Retype all of the entries word for word.

** Provided records follows **

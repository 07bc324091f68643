-- ===== src/Kernel/Protocol.antt =====
-- Which packet reaches which handler.
use nest_disk.Base.{
  ℕ, zero, suc, ◌+◌, ◌-◌, ◌<◌, ◌≡◌, refl, ap, ◌∙◌, Text, Bool, true, false, ◌&&◌, ◌++◌, get_elem?,
  ◌==◌, ==_iff, arith, ◌↔◌, ◌≢◌, ◌^◌,
}
use nest_disk.Packet.{
  def_pack_base, def_pack_count, def_pack_register_rq, def_pack_login_rq, def_pack_upload_file_rq,
  def_pack_file_content_rq, def_pack_file_content_rs, def_pack_file_list_rq,
  def_pack_download_file_rq, def_pack_download_folder_rq, def_pack_file_header_rs,
  def_pack_add_folder_rq, def_pack_share_file_rq, def_pack_my_share_rq, def_pack_get_share_rq,
  def_pack_delete_file_rq, def_pack_continue_download_rq, def_pack_continue_upload_rq,
  def_pack_play_video_rq,
}
use nest_disk.Net.Frame.{le_bytes}
use nest_disk.Net.Frame.Trip.{from_le-le_bytes}
use nest_disk.Kernel.{
  Handler, register_rq, login_rq, upload_file, file_content_rq, get_file_list, download_file,
  download_file_folder, download_file_head_rs, file_content_rs, add_folder, share_file,
  get_share_list, get_share_by_link, delete_file, continue_download, continue_upload, play_video,
  Deal, dropped, calls, overread, entry, deal_type, deal_data, set_net_pack_map,
}

-- The packet types that packdef.h gives to the requests.
unfoldable pub pack_type : Handler → ℕ
pack_type register_rq = def_pack_register_rq
pack_type login_rq = def_pack_login_rq
pack_type upload_file = def_pack_upload_file_rq
pack_type file_content_rq = def_pack_file_content_rq
pack_type file_content_rs = def_pack_file_content_rs
pack_type get_file_list = def_pack_file_list_rq
pack_type download_file = def_pack_download_file_rq
pack_type download_file_folder = def_pack_download_folder_rq
pack_type download_file_head_rs = def_pack_file_header_rs
pack_type add_folder = def_pack_add_folder_rq
pack_type share_file = def_pack_share_file_rq
pack_type get_share_list = def_pack_my_share_rq
pack_type get_share_by_link = def_pack_get_share_rq
pack_type delete_file = def_pack_delete_file_rq
pack_type continue_download = def_pack_continue_download_rq
pack_type continue_upload = def_pack_continue_upload_rq
pack_type play_video = def_pack_play_video_rq

pub pack_type-lt : (h : Handler) → pack_type h < 2 ^ 32
unfolding pack_type
pack_type-lt register_rq = omega arith
pack_type-lt _ = omega arith

-- No overrun, and a handler only if its type is `10000 + i`.
fits : Deal → ℕ → Bool
fits overread i = false
fits dropped i = true
fits (calls h) i = pack_type h == def_pack_base + i

slot : ℕ → Deal
slot i = entry (get_elem? set_net_pack_map i)

slot_fits : ℕ → Bool
slot_fits i = fits (slot i) i

-- The test of the first `count` slots.
slots_below : ℕ → Bool
slots_below zero = true
slots_below (suc count) = slots_below count && slot_fits count

slot_below : (i count : ℕ) → i < count → slots_below count ≡ true → slot_fits i ≡ true
unfolding slots_below
slot_below i zero inside all = absurd (omega arith)
slot_below i (suc count) inside all = ground (arith, slot_below i count)

slots_fit : slots_below def_pack_count ≡ true
unfolding slots_below slot_fits slot fits set_net_pack_map pack_type
slots_fit = refl

fits_sound :
    (d : Deal) (i : ℕ)
    → fits d i ≡ true
    → (d ≢ overread) × ((h : Handler) → d ≡ calls h → pack_type h ≡ def_pack_base + i)
unfolding fits
fits_sound overread i e = absurd (ground arith)
fits_sound dropped i e = (λ d. cc, λ h d. cc)
fits_sound (calls k) i e =
    (λ d. cc, λ h d. ground (arith, ==_iff (pack_type k) (def_pack_base + i)))

slot_sound :
    (i : ℕ)
    → i < def_pack_count
    → (slot i ≢ overread) × ((h : Handler) → slot i ≡ calls h → pack_type h ≡ def_pack_base + i)
unfolding slot_fits
slot_sound i h = fits_sound (slot i) i (slot_below i def_pack_count h slots_fit)

handler_of-pack_type : (h : Handler) → deal_type set_net_pack_map (pack_type h) ≡ calls h
unfolding deal_type set_net_pack_map pack_type
handler_of-pack_type register_rq = refl
handler_of-pack_type _ = refl

deal_type-calls : (n : ℕ) (h : Handler) → deal_type set_net_pack_map n ≡ calls h → n ≡ pack_type h
unfolding deal_type slot
deal_type-calls n h e =
    ground
      (arith, λ (p : n - def_pack_base < def_pack_count). (slot_sound (n - def_pack_base) p).1 h)

deal_type-ne-overread : (n : ℕ) → ¬ (deal_type set_net_pack_map n ≡ overread)
unfolding deal_type slot
deal_type-ne-overread n e =
    ground (arith, λ (p : n - def_pack_base < def_pack_count). (slot_sound (n - def_pack_base) p).0)

deal_data_header :
    (n : ℕ) (body : Text)
    → n < 2 ^ 32
    → deal_data set_net_pack_map (le_bytes n ++ body) ≡ deal_type set_net_pack_map n
unfolding deal_data le_bytes
deal_data_header n body h = ground (arith, ap (deal_type set_net_pack_map) (from_le-le_bytes n h))

-- A packet of four bytes or more, whose first four are those of the type `n`, is given to the handler `h`
-- exactly when `n` is the type that packdef.h gives to the requests of `h`, and never makes `DealData`
-- read outside the table.
pub deal_data-pack_type :
    (n : ℕ) (body : Text) (h : Handler)
    → n < 2 ^ 32
    → ((deal_data set_net_pack_map (le_bytes n ++ body) ≡ calls h) ↔ (n ≡ pack_type h))
      × ¬ (deal_data set_net_pack_map (le_bytes n ++ body) ≡ overread)
deal_data-pack_type n body h small = rw (deal_data_header n body small) (
  (deal_type-calls n h, λ e. ap (deal_type set_net_pack_map) e ∙ handler_of-pack_type h),
  deal_type-ne-overread n,
)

** End of Provided records **

## Completed exercise
repository 07bc324091f68643
-- ===== src/Kernel/Protocol.antt =====
-- Which packet reaches which handler.
use nest_disk.Base.{
  ℕ, zero, suc, ◌+◌, ◌-◌, ◌<◌, ◌≡◌, refl, ap, ◌∙◌, Text, Bool, true, false, ◌&&◌, ◌++◌, get_elem?,
  ◌==◌, ==_iff, arith, ◌↔◌, ◌≢◌, ◌^◌,
}
use nest_disk.Packet.{
  def_pack_base, def_pack_count, def_pack_register_rq, def_pack_login_rq, def_pack_upload_file_rq,
  def_pack_file_content_rq, def_pack_file_content_rs, def_pack_file_list_rq,
  def_pack_download_file_rq, def_pack_download_folder_rq, def_pack_file_header_rs,
  def_pack_add_folder_rq, def_pack_share_file_rq, def_pack_my_share_rq, def_pack_get_share_rq,
  def_pack_delete_file_rq, def_pack_continue_download_rq, def_pack_continue_upload_rq,
  def_pack_play_video_rq,
}
use nest_disk.Net.Frame.{le_bytes}
use nest_disk.Net.Frame.Trip.{from_le-le_bytes}
use nest_disk.Kernel.{
  Handler, register_rq, login_rq, upload_file, file_content_rq, get_file_list, download_file,
  download_file_folder, download_file_head_rs, file_content_rs, add_folder, share_file,
  get_share_list, get_share_by_link, delete_file, continue_download, continue_upload, play_video,
  Deal, dropped, calls, overread, entry, deal_type, deal_data, set_net_pack_map,
}

-- The packet types that packdef.h gives to the requests.
unfoldable pub pack_type : Handler → ℕ
pack_type register_rq = def_pack_register_rq
pack_type login_rq = def_pack_login_rq
pack_type upload_file = def_pack_upload_file_rq
pack_type file_content_rq = def_pack_file_content_rq
pack_type file_content_rs = def_pack_file_content_rs
pack_type get_file_list = def_pack_file_list_rq
pack_type download_file = def_pack_download_file_rq
pack_type download_file_folder = def_pack_download_folder_rq
pack_type download_file_head_rs = def_pack_file_header_rs
pack_type add_folder = def_pack_add_folder_rq
pack_type share_file = def_pack_share_file_rq
pack_type get_share_list = def_pack_my_share_rq
pack_type get_share_by_link = def_pack_get_share_rq
pack_type delete_file = def_pack_delete_file_rq
pack_type continue_download = def_pack_continue_download_rq
pack_type continue_upload = def_pack_continue_upload_rq
pack_type play_video = def_pack_play_video_rq

pub pack_type-lt : (h : Handler) → pack_type h < 2 ^ 32
unfolding pack_type
pack_type-lt register_rq = omega arith
pack_type-lt _ = omega arith

-- No overrun, and a handler only if its type is `10000 + i`.
fits : Deal → ℕ → Bool
fits overread i = false
fits dropped i = true
fits (calls h) i = pack_type h == def_pack_base + i

slot : ℕ → Deal
slot i = entry (get_elem? set_net_pack_map i)

slot_fits : ℕ → Bool
slot_fits i = fits (slot i) i

-- The test of the first `count` slots.
slots_below : ℕ → Bool
slots_below zero = true
slots_below (suc count) = slots_below count && slot_fits count

slot_below : (i count : ℕ) → i < count → slots_below count ≡ true → slot_fits i ≡ true
unfolding slots_below
slot_below i zero inside all = absurd (omega arith)
slot_below i (suc count) inside all = ground (arith, slot_below i count)

slots_fit : slots_below def_pack_count ≡ true
unfolding slots_below slot_fits slot fits set_net_pack_map pack_type
slots_fit = refl

fits_sound :
    (d : Deal) (i : ℕ)
    → fits d i ≡ true
    → (d ≢ overread) × ((h : Handler) → d ≡ calls h → pack_type h ≡ def_pack_base + i)
unfolding fits
fits_sound overread i e = absurd (ground arith)
fits_sound dropped i e = (λ d. cc, λ h d. cc)
fits_sound (calls k) i e =
    (λ d. cc, λ h d. ground (arith, ==_iff (pack_type k) (def_pack_base + i)))

slot_sound :
    (i : ℕ)
    → i < def_pack_count
    → (slot i ≢ overread) × ((h : Handler) → slot i ≡ calls h → pack_type h ≡ def_pack_base + i)
unfolding slot_fits
slot_sound i h = fits_sound (slot i) i (slot_below i def_pack_count h slots_fit)

handler_of-pack_type : (h : Handler) → deal_type set_net_pack_map (pack_type h) ≡ calls h
unfolding deal_type set_net_pack_map pack_type
handler_of-pack_type register_rq = refl
handler_of-pack_type _ = refl

deal_type-calls : (n : ℕ) (h : Handler) → deal_type set_net_pack_map n ≡ calls h → n ≡ pack_type h
unfolding deal_type slot
deal_type-calls n h e =
    ground
      (arith, λ (p : n - def_pack_base < def_pack_count). (slot_sound (n - def_pack_base) p).1 h)

deal_type-ne-overread : (n : ℕ) → ¬ (deal_type set_net_pack_map n ≡ overread)
unfolding deal_type slot
deal_type-ne-overread n e =
    ground (arith, λ (p : n - def_pack_base < def_pack_count). (slot_sound (n - def_pack_base) p).0)

deal_data_header :
    (n : ℕ) (body : Text)
    → n < 2 ^ 32
    → deal_data set_net_pack_map (le_bytes n ++ body) ≡ deal_type set_net_pack_map n
unfolding deal_data le_bytes
deal_data_header n body h = ground (arith, ap (deal_type set_net_pack_map) (from_le-le_bytes n h))

-- A packet of four bytes or more, whose first four are those of the type `n`, is given to the handler `h`
-- exactly when `n` is the type that packdef.h gives to the requests of `h`, and never makes `DealData`
-- read outside the table.
pub deal_data-pack_type :
    (n : ℕ) (body : Text) (h : Handler)
    → n < 2 ^ 32
    → ((deal_data set_net_pack_map (le_bytes n ++ body) ≡ calls h) ↔ (n ≡ pack_type h))
      × ¬ (deal_data set_net_pack_map (le_bytes n ++ body) ≡ overread)
deal_data-pack_type n body h small = rw (deal_data_header n body small) (
  (deal_type-calls n h, λ e. ap (deal_type set_net_pack_map) e ∙ handler_of-pack_type h),
  deal_type-ne-overread n,
)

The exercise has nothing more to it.